___ THE DATA ___

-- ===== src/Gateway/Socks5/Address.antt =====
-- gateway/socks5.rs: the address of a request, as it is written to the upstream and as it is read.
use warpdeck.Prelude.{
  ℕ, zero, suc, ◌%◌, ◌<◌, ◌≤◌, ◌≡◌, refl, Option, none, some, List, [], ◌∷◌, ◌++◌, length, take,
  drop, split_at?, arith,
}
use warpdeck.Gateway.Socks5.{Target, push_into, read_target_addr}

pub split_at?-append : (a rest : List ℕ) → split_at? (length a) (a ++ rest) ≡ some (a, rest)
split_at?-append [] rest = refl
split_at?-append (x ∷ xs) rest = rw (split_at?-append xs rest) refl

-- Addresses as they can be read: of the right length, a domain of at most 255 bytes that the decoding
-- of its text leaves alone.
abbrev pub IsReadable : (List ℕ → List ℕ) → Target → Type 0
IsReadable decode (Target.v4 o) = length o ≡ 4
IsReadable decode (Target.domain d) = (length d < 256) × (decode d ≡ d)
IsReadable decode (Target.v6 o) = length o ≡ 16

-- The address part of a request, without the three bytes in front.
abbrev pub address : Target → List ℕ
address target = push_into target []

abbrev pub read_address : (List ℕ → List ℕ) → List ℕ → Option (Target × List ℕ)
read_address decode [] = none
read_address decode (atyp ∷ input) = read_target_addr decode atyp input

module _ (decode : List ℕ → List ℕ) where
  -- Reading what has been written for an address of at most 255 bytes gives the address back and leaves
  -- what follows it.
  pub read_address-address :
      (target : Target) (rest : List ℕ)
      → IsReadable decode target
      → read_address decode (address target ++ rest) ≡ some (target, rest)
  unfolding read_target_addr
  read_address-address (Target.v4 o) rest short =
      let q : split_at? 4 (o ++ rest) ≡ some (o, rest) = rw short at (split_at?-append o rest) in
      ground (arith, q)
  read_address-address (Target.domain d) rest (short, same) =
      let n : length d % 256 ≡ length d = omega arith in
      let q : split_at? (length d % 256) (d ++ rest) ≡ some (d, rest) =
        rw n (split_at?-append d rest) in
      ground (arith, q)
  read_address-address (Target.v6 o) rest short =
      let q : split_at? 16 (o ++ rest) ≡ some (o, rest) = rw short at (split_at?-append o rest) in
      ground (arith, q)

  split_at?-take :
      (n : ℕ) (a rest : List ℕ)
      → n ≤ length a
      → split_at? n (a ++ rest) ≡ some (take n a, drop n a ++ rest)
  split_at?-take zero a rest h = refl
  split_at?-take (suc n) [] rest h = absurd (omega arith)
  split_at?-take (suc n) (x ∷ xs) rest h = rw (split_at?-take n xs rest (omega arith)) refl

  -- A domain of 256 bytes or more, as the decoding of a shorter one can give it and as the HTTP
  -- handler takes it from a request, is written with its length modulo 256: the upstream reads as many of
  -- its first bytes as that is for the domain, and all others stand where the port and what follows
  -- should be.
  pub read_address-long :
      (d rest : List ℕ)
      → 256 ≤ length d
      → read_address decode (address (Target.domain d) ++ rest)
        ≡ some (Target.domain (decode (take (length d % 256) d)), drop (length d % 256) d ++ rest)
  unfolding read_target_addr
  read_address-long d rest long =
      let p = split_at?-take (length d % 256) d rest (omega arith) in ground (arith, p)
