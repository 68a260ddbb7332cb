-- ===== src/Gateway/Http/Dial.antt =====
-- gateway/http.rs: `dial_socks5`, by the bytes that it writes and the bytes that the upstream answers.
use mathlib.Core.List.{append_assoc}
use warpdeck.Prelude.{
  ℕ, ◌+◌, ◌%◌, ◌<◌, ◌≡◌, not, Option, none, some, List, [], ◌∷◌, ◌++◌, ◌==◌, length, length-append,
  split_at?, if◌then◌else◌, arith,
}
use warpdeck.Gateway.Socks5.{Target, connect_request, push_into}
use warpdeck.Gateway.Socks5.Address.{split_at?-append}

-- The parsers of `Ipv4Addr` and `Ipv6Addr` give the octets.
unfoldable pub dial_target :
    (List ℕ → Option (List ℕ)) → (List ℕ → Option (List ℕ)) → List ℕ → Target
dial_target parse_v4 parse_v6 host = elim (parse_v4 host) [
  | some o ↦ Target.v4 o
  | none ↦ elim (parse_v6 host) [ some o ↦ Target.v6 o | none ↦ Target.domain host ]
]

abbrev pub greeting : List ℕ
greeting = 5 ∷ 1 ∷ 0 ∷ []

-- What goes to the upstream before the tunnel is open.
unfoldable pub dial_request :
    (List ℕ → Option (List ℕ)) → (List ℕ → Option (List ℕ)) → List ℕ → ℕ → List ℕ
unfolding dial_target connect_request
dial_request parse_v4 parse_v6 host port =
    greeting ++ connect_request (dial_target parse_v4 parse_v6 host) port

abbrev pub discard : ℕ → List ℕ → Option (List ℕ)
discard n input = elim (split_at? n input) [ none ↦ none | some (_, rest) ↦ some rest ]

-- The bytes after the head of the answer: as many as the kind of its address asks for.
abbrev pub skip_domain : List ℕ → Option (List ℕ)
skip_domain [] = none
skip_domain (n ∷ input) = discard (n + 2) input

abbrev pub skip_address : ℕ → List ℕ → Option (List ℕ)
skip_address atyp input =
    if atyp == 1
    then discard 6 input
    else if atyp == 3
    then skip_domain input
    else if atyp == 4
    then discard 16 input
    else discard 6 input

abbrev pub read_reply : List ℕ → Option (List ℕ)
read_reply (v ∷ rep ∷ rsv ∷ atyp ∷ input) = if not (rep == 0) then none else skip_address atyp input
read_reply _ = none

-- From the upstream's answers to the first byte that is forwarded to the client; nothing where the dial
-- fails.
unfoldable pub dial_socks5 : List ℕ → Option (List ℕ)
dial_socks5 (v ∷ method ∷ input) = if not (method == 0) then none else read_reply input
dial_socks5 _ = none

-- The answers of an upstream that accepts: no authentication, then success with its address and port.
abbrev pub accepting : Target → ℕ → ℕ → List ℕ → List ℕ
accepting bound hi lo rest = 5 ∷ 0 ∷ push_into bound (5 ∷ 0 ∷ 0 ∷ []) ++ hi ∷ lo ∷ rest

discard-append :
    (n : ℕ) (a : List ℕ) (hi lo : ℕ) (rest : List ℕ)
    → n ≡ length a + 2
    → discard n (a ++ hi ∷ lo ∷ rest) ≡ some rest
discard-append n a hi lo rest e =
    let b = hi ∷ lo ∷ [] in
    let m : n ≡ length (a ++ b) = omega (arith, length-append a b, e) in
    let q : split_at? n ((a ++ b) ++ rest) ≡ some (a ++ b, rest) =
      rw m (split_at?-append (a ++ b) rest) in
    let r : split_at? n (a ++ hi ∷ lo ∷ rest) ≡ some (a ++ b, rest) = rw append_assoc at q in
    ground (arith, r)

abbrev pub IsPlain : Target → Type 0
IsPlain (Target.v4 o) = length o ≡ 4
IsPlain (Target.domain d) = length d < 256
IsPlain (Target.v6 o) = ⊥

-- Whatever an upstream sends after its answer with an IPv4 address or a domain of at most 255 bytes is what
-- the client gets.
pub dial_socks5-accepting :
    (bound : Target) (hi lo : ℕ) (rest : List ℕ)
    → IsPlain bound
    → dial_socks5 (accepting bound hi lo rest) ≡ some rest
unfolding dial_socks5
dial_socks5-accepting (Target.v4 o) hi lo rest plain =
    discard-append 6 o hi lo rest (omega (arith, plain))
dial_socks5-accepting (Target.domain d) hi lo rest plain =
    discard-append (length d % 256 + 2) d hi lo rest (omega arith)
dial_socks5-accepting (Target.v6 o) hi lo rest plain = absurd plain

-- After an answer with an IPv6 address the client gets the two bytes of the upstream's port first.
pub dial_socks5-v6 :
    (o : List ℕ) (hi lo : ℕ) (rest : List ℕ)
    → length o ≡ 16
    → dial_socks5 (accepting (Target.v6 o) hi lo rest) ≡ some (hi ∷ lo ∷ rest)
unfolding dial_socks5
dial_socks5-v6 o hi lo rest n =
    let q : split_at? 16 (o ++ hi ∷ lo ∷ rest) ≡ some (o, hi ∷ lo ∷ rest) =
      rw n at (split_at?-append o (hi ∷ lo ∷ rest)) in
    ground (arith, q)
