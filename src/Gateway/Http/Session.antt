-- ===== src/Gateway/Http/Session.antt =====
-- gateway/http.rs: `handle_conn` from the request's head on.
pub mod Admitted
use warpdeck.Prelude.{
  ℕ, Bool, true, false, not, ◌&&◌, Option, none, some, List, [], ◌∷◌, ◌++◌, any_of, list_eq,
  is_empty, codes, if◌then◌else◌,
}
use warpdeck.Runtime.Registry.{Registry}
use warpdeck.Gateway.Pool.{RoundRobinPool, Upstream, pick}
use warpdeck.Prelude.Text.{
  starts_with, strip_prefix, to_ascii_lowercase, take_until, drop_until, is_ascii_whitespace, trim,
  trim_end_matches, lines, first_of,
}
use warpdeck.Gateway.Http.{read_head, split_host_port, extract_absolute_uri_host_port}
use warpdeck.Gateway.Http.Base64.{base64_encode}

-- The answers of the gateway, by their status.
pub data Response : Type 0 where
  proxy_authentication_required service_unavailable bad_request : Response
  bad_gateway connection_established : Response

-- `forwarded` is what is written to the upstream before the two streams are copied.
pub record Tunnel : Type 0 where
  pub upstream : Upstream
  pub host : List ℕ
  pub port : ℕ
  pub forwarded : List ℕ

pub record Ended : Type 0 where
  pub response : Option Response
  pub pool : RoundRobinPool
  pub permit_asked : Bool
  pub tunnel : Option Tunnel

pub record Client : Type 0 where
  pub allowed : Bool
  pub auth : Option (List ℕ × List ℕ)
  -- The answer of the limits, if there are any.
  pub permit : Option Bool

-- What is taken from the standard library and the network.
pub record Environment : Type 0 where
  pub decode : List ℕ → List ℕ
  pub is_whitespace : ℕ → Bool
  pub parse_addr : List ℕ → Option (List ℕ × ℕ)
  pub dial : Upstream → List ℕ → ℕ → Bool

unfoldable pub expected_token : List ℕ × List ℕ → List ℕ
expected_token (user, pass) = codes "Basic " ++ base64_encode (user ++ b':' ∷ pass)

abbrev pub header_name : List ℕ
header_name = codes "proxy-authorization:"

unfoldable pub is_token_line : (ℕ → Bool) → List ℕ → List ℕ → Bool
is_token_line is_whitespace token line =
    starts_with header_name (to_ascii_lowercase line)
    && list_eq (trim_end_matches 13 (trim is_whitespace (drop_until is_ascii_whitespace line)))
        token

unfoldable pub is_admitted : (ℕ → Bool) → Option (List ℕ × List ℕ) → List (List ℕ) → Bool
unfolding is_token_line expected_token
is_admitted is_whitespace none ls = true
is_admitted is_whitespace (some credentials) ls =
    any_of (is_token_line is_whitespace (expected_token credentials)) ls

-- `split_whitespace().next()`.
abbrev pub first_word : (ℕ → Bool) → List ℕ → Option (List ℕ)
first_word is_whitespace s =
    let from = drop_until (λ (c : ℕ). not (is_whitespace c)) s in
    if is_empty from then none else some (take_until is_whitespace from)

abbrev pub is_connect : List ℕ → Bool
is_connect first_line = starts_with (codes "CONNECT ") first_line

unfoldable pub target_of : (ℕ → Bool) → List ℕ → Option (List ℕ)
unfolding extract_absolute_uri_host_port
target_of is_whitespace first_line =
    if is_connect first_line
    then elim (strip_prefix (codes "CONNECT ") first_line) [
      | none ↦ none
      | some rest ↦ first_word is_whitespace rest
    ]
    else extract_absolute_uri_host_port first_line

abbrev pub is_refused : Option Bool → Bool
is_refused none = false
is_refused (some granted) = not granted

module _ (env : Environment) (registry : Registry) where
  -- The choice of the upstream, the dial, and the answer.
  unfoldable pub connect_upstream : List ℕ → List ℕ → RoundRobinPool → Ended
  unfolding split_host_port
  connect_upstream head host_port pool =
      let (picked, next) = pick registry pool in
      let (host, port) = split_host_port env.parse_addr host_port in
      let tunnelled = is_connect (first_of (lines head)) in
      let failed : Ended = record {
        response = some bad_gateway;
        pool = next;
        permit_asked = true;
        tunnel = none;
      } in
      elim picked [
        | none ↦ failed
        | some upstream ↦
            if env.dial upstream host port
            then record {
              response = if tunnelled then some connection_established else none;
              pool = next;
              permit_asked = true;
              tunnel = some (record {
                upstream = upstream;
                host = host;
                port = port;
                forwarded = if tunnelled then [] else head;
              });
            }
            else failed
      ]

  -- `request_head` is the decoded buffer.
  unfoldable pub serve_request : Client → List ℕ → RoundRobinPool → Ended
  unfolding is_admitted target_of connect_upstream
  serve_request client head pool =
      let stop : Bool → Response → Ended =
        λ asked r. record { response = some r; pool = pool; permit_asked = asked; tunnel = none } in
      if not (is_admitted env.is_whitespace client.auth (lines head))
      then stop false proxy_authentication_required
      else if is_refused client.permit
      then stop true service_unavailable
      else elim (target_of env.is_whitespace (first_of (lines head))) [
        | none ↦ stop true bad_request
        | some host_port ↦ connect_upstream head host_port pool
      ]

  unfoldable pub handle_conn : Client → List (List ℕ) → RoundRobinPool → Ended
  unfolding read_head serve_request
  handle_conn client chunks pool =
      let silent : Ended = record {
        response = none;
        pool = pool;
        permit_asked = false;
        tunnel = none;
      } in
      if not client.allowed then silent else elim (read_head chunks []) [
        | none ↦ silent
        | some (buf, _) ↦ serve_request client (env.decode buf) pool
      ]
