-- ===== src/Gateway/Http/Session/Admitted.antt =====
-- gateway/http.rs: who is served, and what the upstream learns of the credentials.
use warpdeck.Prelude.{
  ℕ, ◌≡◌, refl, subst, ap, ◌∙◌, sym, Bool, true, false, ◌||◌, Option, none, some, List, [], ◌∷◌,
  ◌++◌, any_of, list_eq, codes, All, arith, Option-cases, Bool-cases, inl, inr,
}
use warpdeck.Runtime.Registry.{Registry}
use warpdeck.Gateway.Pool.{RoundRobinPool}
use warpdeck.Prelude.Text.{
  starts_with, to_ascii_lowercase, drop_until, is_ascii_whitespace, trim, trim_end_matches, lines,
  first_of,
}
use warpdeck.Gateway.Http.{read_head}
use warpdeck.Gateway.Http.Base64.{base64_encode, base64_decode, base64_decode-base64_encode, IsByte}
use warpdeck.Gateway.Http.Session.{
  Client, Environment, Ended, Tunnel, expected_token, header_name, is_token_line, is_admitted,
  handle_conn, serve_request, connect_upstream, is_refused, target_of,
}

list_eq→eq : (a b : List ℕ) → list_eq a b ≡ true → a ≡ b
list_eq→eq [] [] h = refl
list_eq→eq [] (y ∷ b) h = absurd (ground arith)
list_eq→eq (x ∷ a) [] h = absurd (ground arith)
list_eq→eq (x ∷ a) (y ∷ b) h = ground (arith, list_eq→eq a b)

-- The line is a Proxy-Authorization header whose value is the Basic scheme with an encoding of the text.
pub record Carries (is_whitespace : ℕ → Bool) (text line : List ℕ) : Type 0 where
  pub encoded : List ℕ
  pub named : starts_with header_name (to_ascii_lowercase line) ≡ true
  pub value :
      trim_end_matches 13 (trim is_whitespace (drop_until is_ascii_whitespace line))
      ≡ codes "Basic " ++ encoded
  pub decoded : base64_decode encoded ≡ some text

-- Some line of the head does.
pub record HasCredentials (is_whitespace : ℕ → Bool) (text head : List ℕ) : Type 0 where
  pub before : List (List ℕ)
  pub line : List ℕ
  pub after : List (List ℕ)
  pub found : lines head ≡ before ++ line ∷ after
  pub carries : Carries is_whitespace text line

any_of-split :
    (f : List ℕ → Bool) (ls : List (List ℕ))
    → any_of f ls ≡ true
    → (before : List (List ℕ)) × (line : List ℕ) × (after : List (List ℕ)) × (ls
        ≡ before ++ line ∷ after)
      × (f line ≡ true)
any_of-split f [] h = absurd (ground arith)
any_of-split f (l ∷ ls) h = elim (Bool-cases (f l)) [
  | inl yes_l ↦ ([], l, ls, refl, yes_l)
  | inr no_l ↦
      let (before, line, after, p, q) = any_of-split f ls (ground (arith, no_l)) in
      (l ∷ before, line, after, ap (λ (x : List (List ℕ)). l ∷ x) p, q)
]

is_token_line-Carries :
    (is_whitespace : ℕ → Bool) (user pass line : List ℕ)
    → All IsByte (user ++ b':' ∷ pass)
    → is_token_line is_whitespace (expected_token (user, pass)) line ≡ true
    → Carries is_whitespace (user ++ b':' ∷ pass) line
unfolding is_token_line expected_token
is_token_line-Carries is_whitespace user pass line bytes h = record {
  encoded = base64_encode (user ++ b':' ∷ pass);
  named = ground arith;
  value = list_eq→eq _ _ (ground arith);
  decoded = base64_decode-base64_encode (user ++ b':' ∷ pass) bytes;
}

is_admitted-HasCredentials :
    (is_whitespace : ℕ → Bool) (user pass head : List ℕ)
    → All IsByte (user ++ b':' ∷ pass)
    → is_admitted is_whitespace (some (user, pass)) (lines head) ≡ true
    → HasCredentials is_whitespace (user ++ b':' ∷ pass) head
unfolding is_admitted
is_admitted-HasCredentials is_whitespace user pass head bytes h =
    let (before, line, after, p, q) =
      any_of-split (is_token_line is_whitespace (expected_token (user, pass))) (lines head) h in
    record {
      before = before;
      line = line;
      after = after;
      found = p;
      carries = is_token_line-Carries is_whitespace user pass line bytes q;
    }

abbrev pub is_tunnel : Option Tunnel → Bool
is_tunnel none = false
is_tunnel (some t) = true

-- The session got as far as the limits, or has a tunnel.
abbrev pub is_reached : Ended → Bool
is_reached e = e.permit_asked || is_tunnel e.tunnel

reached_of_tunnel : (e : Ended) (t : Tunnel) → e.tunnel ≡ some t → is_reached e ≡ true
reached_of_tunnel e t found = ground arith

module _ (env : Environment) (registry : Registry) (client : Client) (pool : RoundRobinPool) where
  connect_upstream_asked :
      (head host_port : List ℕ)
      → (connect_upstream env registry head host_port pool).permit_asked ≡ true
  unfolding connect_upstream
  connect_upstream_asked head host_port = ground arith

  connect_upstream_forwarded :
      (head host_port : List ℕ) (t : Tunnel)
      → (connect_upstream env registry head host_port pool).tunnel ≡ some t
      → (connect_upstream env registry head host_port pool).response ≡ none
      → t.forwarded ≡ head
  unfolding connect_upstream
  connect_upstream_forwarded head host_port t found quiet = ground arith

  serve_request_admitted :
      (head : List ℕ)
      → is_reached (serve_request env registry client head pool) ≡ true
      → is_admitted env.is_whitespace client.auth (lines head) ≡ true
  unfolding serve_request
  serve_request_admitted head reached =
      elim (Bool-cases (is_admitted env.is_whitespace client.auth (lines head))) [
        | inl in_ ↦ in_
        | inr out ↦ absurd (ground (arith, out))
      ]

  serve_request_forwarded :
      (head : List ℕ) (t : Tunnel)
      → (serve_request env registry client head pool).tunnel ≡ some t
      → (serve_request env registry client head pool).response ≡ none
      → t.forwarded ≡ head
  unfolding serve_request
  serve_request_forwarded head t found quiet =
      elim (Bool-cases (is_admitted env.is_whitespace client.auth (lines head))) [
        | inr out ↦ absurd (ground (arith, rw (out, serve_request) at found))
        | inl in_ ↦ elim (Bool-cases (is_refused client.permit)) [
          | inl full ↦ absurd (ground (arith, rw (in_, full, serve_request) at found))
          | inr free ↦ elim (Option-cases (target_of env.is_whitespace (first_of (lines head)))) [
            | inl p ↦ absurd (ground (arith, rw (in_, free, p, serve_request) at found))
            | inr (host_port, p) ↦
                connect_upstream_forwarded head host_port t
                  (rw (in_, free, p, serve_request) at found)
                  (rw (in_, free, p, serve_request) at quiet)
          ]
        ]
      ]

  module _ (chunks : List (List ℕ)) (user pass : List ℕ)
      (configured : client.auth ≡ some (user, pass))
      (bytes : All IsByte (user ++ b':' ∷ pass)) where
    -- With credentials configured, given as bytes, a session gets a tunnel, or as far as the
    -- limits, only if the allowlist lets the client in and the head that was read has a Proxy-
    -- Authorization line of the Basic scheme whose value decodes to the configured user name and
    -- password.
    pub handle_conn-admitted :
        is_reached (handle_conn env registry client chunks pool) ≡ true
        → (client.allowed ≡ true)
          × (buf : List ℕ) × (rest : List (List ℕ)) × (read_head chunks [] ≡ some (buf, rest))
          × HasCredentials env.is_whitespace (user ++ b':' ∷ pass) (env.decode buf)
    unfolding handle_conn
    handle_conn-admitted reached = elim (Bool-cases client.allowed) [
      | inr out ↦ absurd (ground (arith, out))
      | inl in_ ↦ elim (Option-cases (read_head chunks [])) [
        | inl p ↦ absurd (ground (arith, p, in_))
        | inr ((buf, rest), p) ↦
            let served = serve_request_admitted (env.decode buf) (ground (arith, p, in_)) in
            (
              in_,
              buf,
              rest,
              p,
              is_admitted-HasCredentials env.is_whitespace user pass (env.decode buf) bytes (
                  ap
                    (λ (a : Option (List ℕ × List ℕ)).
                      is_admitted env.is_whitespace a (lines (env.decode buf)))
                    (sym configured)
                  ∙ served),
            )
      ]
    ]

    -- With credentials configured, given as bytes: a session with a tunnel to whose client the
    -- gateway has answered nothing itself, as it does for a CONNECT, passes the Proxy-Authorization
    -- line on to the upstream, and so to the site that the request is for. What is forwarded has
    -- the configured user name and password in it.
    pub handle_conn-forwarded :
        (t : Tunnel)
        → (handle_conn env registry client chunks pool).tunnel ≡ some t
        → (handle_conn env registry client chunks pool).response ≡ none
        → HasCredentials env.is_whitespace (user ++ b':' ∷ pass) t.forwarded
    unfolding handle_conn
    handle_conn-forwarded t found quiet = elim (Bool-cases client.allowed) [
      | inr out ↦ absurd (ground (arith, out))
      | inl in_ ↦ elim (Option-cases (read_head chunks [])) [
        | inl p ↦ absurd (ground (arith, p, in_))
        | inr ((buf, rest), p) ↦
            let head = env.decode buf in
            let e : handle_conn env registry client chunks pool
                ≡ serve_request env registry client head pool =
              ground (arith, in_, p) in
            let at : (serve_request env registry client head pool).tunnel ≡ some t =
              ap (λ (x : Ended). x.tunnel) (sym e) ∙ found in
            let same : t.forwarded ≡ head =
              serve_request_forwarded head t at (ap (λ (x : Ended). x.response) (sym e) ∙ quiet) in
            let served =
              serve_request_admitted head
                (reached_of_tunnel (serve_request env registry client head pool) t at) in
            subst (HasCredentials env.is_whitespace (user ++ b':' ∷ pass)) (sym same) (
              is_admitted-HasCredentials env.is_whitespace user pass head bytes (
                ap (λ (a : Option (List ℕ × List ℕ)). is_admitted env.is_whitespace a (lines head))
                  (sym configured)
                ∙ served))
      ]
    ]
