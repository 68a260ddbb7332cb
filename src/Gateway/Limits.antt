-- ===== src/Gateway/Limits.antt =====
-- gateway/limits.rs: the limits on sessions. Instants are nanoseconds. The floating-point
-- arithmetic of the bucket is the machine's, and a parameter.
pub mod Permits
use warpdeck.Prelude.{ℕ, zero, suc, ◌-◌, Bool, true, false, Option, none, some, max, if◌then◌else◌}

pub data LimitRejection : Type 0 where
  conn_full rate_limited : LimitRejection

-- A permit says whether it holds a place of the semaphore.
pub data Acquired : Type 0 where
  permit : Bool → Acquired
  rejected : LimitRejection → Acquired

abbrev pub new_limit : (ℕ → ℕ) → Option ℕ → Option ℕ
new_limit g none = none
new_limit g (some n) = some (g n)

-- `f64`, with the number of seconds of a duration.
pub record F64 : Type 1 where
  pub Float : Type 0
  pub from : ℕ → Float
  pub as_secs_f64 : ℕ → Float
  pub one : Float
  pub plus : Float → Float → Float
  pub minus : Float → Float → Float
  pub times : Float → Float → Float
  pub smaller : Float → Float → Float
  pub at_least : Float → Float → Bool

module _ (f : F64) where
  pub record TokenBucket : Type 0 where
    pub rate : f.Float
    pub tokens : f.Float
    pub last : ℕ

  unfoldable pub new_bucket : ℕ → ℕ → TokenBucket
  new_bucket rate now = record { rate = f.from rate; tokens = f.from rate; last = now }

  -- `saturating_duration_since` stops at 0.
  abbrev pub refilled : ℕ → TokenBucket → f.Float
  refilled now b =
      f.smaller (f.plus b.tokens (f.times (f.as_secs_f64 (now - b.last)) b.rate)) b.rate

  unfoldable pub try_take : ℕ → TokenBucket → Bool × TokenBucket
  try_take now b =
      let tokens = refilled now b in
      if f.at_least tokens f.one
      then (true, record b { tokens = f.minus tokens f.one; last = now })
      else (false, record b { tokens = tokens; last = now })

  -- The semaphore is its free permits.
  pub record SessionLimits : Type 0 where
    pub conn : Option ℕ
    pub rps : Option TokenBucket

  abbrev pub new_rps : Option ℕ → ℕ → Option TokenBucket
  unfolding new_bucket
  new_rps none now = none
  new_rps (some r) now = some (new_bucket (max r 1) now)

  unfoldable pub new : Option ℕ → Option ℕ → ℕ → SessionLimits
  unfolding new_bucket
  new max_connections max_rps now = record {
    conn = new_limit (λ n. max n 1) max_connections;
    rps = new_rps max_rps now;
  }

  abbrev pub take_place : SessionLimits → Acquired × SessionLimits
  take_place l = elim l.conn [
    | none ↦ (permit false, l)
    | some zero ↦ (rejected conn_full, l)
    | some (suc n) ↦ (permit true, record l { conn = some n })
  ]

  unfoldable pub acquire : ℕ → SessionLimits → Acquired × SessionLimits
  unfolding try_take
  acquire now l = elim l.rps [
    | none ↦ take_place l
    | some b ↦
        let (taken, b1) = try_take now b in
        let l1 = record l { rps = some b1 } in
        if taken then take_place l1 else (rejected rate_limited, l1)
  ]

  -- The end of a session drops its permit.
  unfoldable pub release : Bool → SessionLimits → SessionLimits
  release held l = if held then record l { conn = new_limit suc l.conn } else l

___

Look above for the line holding "else if atyp == 3" and the line holding "accepting bound hi lo rest = 5", then output exactly those two lines and every line between them, nothing more.

(RESPONSE AREA)
    else if atyp == 3
    then skip_domain input
    else if atyp == 4
    then discard 16 input
    else discard 6 input

abbrev pub read_reply : List ℕ → Option (List ℕ)
read_reply (v ∷ rep ∷ rsv ∷ atyp ∷ input) = if not (rep == 0) then none else skip_address atyp input
read_reply _ = none

-- From the upstream's answers to the first byte that is forwarded to the client; nothing where the dial
-- fails.
unfoldable pub dial_socks5 : List ℕ → Option (List ℕ)
dial_socks5 (v ∷ method ∷ input) = if not (method == 0) then none else read_reply input
dial_socks5 _ = none

-- The answers of an upstream that accepts: no authentication, then success with its address and port.
abbrev pub accepting : Target → ℕ → ℕ → List ℕ → List ℕ
accepting bound hi lo rest = 5 ∷ 0 ∷ push_into bound (5 ∷ 0 ∷ 0 ∷ []) ++ hi ∷ lo ∷ rest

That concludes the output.